By Eric Ruder | October 18, 2002 | Page 2

"IT'S LEGAL, but God, it smells rotten." That was the conclusion reached by Bill Coyle, an accounting expert at Babson College, after looking at the web of insider deals and accounting scams linking George W. Bush and the Harvard Management Co.

The Bush-Harvard connection is just the latest in a series of scandals that has threatened all year to turn the Bush administration into a line-up of Corporate America's Most Wanted.

Harvard Management was set up to manage Harvard University's multibillion-dollar endowment. In 1986, it sank $20 million in an obscure oil company called Harken Energy--shortly after Harken brought Dubya, then the bumbling son of the vice president of the United States, onto its board of directors after buying Bush Jr.'s own bankrupt oil venture.

Harvard Management soon came to own nearly a third of Harken, but began selling off its shares in the early 1990s. Though not before Bush and the Harken board established an Enron-style partnership with Harvard Management to move $20 million in debt off Harken's books. By hiding this debt, the deal helped to prop up Harken's stock price.

Harvard started selling its Harken shares after the stock price nearly tripled to $8 a share--today, the stock trades at about 40 cents. Then, in 1990, Bush sold 212,140 Harken shares--just before the company released bad financial news.

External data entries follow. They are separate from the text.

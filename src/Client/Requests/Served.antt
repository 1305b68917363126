-- ===== src/Client/Requests/Served.antt =====
-- The typed client over a REST client that serves the store of the API server.
use k8s_athenz_syncer.Common.{ap, ◌≡◌, refl, none, some, codes, List, [], ◌∷◌, Bytes}
use k8s_athenz_syncer.Cluster.{AthenzDomain, Server, Call, create_cr, update_cr, delete_cr}
use k8s_athenz_syncer.ApiServer.{ApiServer}
use k8s_athenz_syncer.ApiServer.Replay.{apply, replay, server_over}
use k8s_athenz_syncer.Client.Requests.{
  Rest, post, put, delete, Params, create_options, update_options, object, delete_options,
  create_domain, update_domain, delete_domain,
}

-- The REST client answers for a store, as the API of a cluster-wide resource documents: a POST to the
-- path athenzdomains creates, a PUT to it under the object's name updates, and a DELETE under a name
-- deletes.
pub record Serves (api : ApiServer) (rest : Rest) : Type 0 where
  pub to_rest : api.State → rest.State
  pub do_post :
      (s : api.State) (a : AthenzDomain) (params : Params)
      → rest.do_object (to_rest s) (record {
        verb = post;
        resource = codes "athenzdomains";
        name = none;
        subresources = [];
        params = some params;
        timeout = none;
        body = some (object a);
      })
        ≡ ((api.create s a).0, to_rest (api.create s a).1)
  pub do_put :
      (s : api.State) (a : AthenzDomain) (params : Params)
      → rest.do_object (to_rest s) (record {
        verb = put;
        resource = codes "athenzdomains";
        name = some a.object_meta.name;
        subresources = [];
        params = some params;
        timeout = none;
        body = some (object a);
      })
        ≡ ((api.update s a).0, to_rest (api.update s a).1)
  pub do_delete :
      (s : api.State) (name options : Bytes)
      → rest.do_error (to_rest s) (record {
        verb = delete;
        resource = codes "athenzdomains";
        name = some name;
        subresources = [];
        params = none;
        timeout = none;
        body = some (delete_options options);
      })
        ≡ ((api.delete s name).0, to_rest (api.delete s name).1)

module _ (rest : Rest) where
  -- The state after the calls of CRUtil, which gives empty options.
  abbrev pub client_apply : rest.State → Call → rest.State
  client_apply s (create_cr a) = (create_domain rest s a []).1
  client_apply s (update_cr a) = (update_domain rest s a []).1
  client_apply s (delete_cr name) = (delete_domain rest s name []).1
  client_apply s _ = s

  abbrev pub client_replay : rest.State → List Call → rest.State
  client_replay s [] = s
  client_replay s (call ∷ calls) = client_replay (client_apply s call) calls

  -- What CRUtil is answered through the typed client.
  abbrev pub client_server : rest.State → Server → Server
  client_server s base = record base {
    on_create = λ calls a. (create_domain rest (client_replay s calls) a []).0;
    on_update = λ calls a. (update_domain rest (client_replay s calls) a []).0;
    on_delete = λ calls name. (delete_domain rest (client_replay s calls) name []).0;
  }

module _ (api : ApiServer) (rest : Rest) (serves : Serves api rest) where
  client_apply-apply :
      (s : api.State) (call : Call)
      → client_apply rest (serves.to_rest s) call ≡ serves.to_rest (apply api s call)
  unfolding create_domain update_domain delete_domain
  client_apply-apply s (create_cr a) = ap (λ r. r.1) (serves.do_post s a (create_options []))
  client_apply-apply s (update_cr a) = ap (λ r. r.1) (serves.do_put s a (update_options []))
  client_apply-apply s (delete_cr name) = ap (λ r. r.1) (serves.do_delete s name [])
  client_apply-apply s _ = refl

  client_replay-replay :
      (s : api.State) (calls : List Call)
      → client_replay rest (serves.to_rest s) calls ≡ serves.to_rest (replay api s calls)
  client_replay-replay s [] = refl
  client_replay-replay s (call ∷ calls) =
      rw (client_apply-apply s call) (client_replay-replay (apply api s call) calls)

  created_same :
      (s : api.State) (calls : List Call) (a : AthenzDomain)
      → (create_domain rest (client_replay rest (serves.to_rest s) calls) a []).0
        ≡ (api.create (replay api s calls) a).0
  unfolding create_domain
  created_same s calls a =
      rw (client_replay-replay s calls)
        (ap (λ r. r.0) (serves.do_post (replay api s calls) a (create_options [])))

  updated_same :
      (s : api.State) (calls : List Call) (a : AthenzDomain)
      → (update_domain rest (client_replay rest (serves.to_rest s) calls) a []).0
        ≡ (api.update (replay api s calls) a).0
  unfolding update_domain
  updated_same s calls a =
      rw (client_replay-replay s calls)
        (ap (λ r. r.0) (serves.do_put (replay api s calls) a (update_options [])))

  deleted_same :
      (s : api.State) (calls : List Call) (name : Bytes)
      → (delete_domain rest (client_replay rest (serves.to_rest s) calls) name []).0
        ≡ (api.delete (replay api s calls) name).0
  unfolding delete_domain
  deleted_same s calls name =
      rw (client_replay-replay s calls)
        (ap (λ r. r.0) (serves.do_delete (replay api s calls) name []))

  -- The requests that the typed client makes for CRUtil's calls are answered as the store answers the
  -- operations, after any calls before, when the REST client serves the store at the path athenzdomains:
  -- a POST creates, a PUT under the object's name updates, and a DELETE under a name deletes.
  pub client_server-server_over :
      (s : api.State) (base : Server)
      → client_server rest (serves.to_rest s) base ≡ server_over api s base
  client_server-server_over s base = λ i. record base {
    on_create = λ calls a. created_same s calls a i;
    on_update = λ calls a. updated_same s calls a i;
    on_delete = λ calls name. deleted_same s calls name i;
  }
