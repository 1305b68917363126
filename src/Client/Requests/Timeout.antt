-- ===== src/Client/Requests/Timeout.antt =====
-- The timeout of the list requests.
use k8s_athenz_syncer.Common.{◌↔◌, ℕ, ◌*◌, ◌<◌, ◌≡◌, some, arith}
use k8s_athenz_syncer.Client.Requests.{timeout_of}

-- The timeout is the number of seconds in nanoseconds, and no negative duration, exactly when the
-- number is at most 9223372036; the seconds are a positive int64.
timeout_of_exact :
    (seconds : ℕ)
    → seconds < 9223372036854775808
    → ((timeout_of (some seconds) ≡ seconds * 1000000000)
        × (timeout_of (some seconds) < 9223372036854775808))
      ↔ (seconds < 9223372037)
unfolding timeout_of
timeout_of_exact seconds small = (λ (e, h). omega arith, λ h. (omega arith, omega arith))
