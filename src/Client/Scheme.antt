-- ===== src/Client/Scheme.antt =====
-- pkg/apis/athenz/v1/register.go, and the two packages that fill a scheme with its types:
-- pkg/client/clientset/versioned/scheme/register.go and, with the same lines,
-- pkg/client/clientset/versioned/fake/register.go. The scheme and its builder are a parameter.
pub mod Registered
use k8s_athenz_syncer.Common.{
  ◌≡◌, Bool, true, Option, none, some, List, [], ◌∷◌, ◌++◌, Bytes, codes, In,
}
use k8s_athenz_syncer.Go.{Go, ret, panic}
use k8s_athenz_syncer.Cluster.{GoError}
use k8s_athenz_syncer.Client.Sets.{GroupVersion, scheme_group_version}

-- schema.GroupResource
pub record GroupResource : Type 0 where
  pub group : Bytes
  pub resource : Bytes

-- Resource, with the group of the resource.
abbrev pub group_resource : Bytes → GroupResource
group_resource r = record { group = scheme_group_version.group; resource = r }

-- Package runtime of Kubernetes. A builder is a slice of functions that add to a scheme.
pub record Machinery : Type 1 where
  pub Scheme : Type 0
  pub new_scheme : Scheme
  pub add_known_types : Scheme → GroupVersion → List Bytes → Scheme
  -- metav1.AddToGroupVersion
  pub add_to_group_version : Scheme → GroupVersion → Scheme
  pub recognizes : Scheme → GroupVersion → Bytes → Bool
  pub add_to_scheme : List (Scheme → Option GoError × Scheme) → Scheme → Option GoError × Scheme

module _ (m : Machinery) where
  abbrev pub Adder : Type 0
  Adder = m.Scheme → Option GoError × m.Scheme

  -- The functions are applied in order, up to the first error.
  abbrev pub applied : List Adder → Option GoError × m.Scheme → Option GoError × m.Scheme
  applied later (some e, t) = (some e, t)
  applied later (none, t) = m.add_to_scheme later t

pub record IsMachinery (m : Machinery) : Type 0 where
  pub recognizes-add :
      (s : m.Scheme) (gv : GroupVersion) (kinds : List Bytes) (kind : Bytes)
      → In kind kinds
      → m.recognizes (m.add_known_types s gv kinds) gv kind ≡ true
  pub recognizes-kept :
      (s : m.Scheme) (gv added : GroupVersion) (kinds : List Bytes) (kind : Bytes)
      → m.recognizes s gv kind ≡ true
      → m.recognizes (m.add_known_types s added kinds) gv kind ≡ true
  pub recognizes-group :
      (s : m.Scheme) (gv added : GroupVersion) (kind : Bytes)
      → m.recognizes s gv kind ≡ true
      → m.recognizes (m.add_to_group_version s added) gv kind ≡ true
  pub add_to_scheme-nil : (s : m.Scheme) → m.add_to_scheme [] s ≡ (none, s)
  pub add_to_scheme-cons :
      (f : m.Scheme → Option GoError × m.Scheme) (later : List (Adder m)) (s : m.Scheme)
      → m.add_to_scheme (f ∷ later) s ≡ applied m later (f s)

module _ (m : Machinery) where
  unfoldable pub add_known_types : Adder m
  add_known_types scheme = (
    none,
    m.add_to_group_version
        (m.add_known_types
          (m.add_known_types scheme scheme_group_version
            (codes "AthenzDomain" ∷ codes "AthenzDomainList" ∷ []))
          scheme_group_version (codes "Status" ∷ []))
        scheme_group_version,
  )

  -- The package's SchemeBuilder before its init, and after it.
  abbrev pub scheme_builder : List (Adder m)
  scheme_builder = []

  abbrev pub registered : List (Adder m) → List (Adder m)
  registered builder = builder ++ (add_known_types ∷ [])

  -- AddToScheme is bound to the address of the builder, so that a call reads what init has registered.
  unfoldable pub add_to_scheme : List (Adder m) → Adder m
  add_to_scheme builder scheme = m.add_to_scheme builder scheme

  -- utilruntime.Must
  must : Option GoError × m.Scheme → Go m.Scheme
  must (none, scheme) = ret scheme
  must (some e, scheme) = panic

  local_scheme_builder : List (Adder m) → List (Adder m)
  local_scheme_builder builder = add_to_scheme builder ∷ []

  -- The init of the clientset's scheme, for the builder that it finds.
  unfoldable pub init_scheme : List (Adder m) → Go m.Scheme
  unfolding must local_scheme_builder
  init_scheme builder = must (
      m.add_to_scheme (local_scheme_builder builder)
        (m.add_to_group_version m.new_scheme (record { group = []; version = codes "v1" })))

But openly selling this much stock--nearly 20 times the daily average of Harken stock trades--would have sent the price plummeting. So how did Bush get out without setting off alarm bells? According to Charles Lewis of the Center for Public Integrity, all the available evidence suggests that Harvard Management bought Bush's shares after a Bush stockbroker arranged the deal.

Finally, in 1995, it was payback time for Harvard. Shortly after Bush's election as governor of Texas, the state Teacher Retirement System sold a piece of real estate--the Anatole Hotel--on favorable terms to Harvard Management. Without taking bids, the fund sold the hotel for $27 million less than what it had paid simply to refurbish the building!

Today, Bush likes to praise "hard-working Americans" while denouncing "corporate criminals." And his Treasury Secretary Paul O'Neill says that corporate executives who defraud investors should "hang from the highest branch." Don't expect to see his boss in the trees any time soon.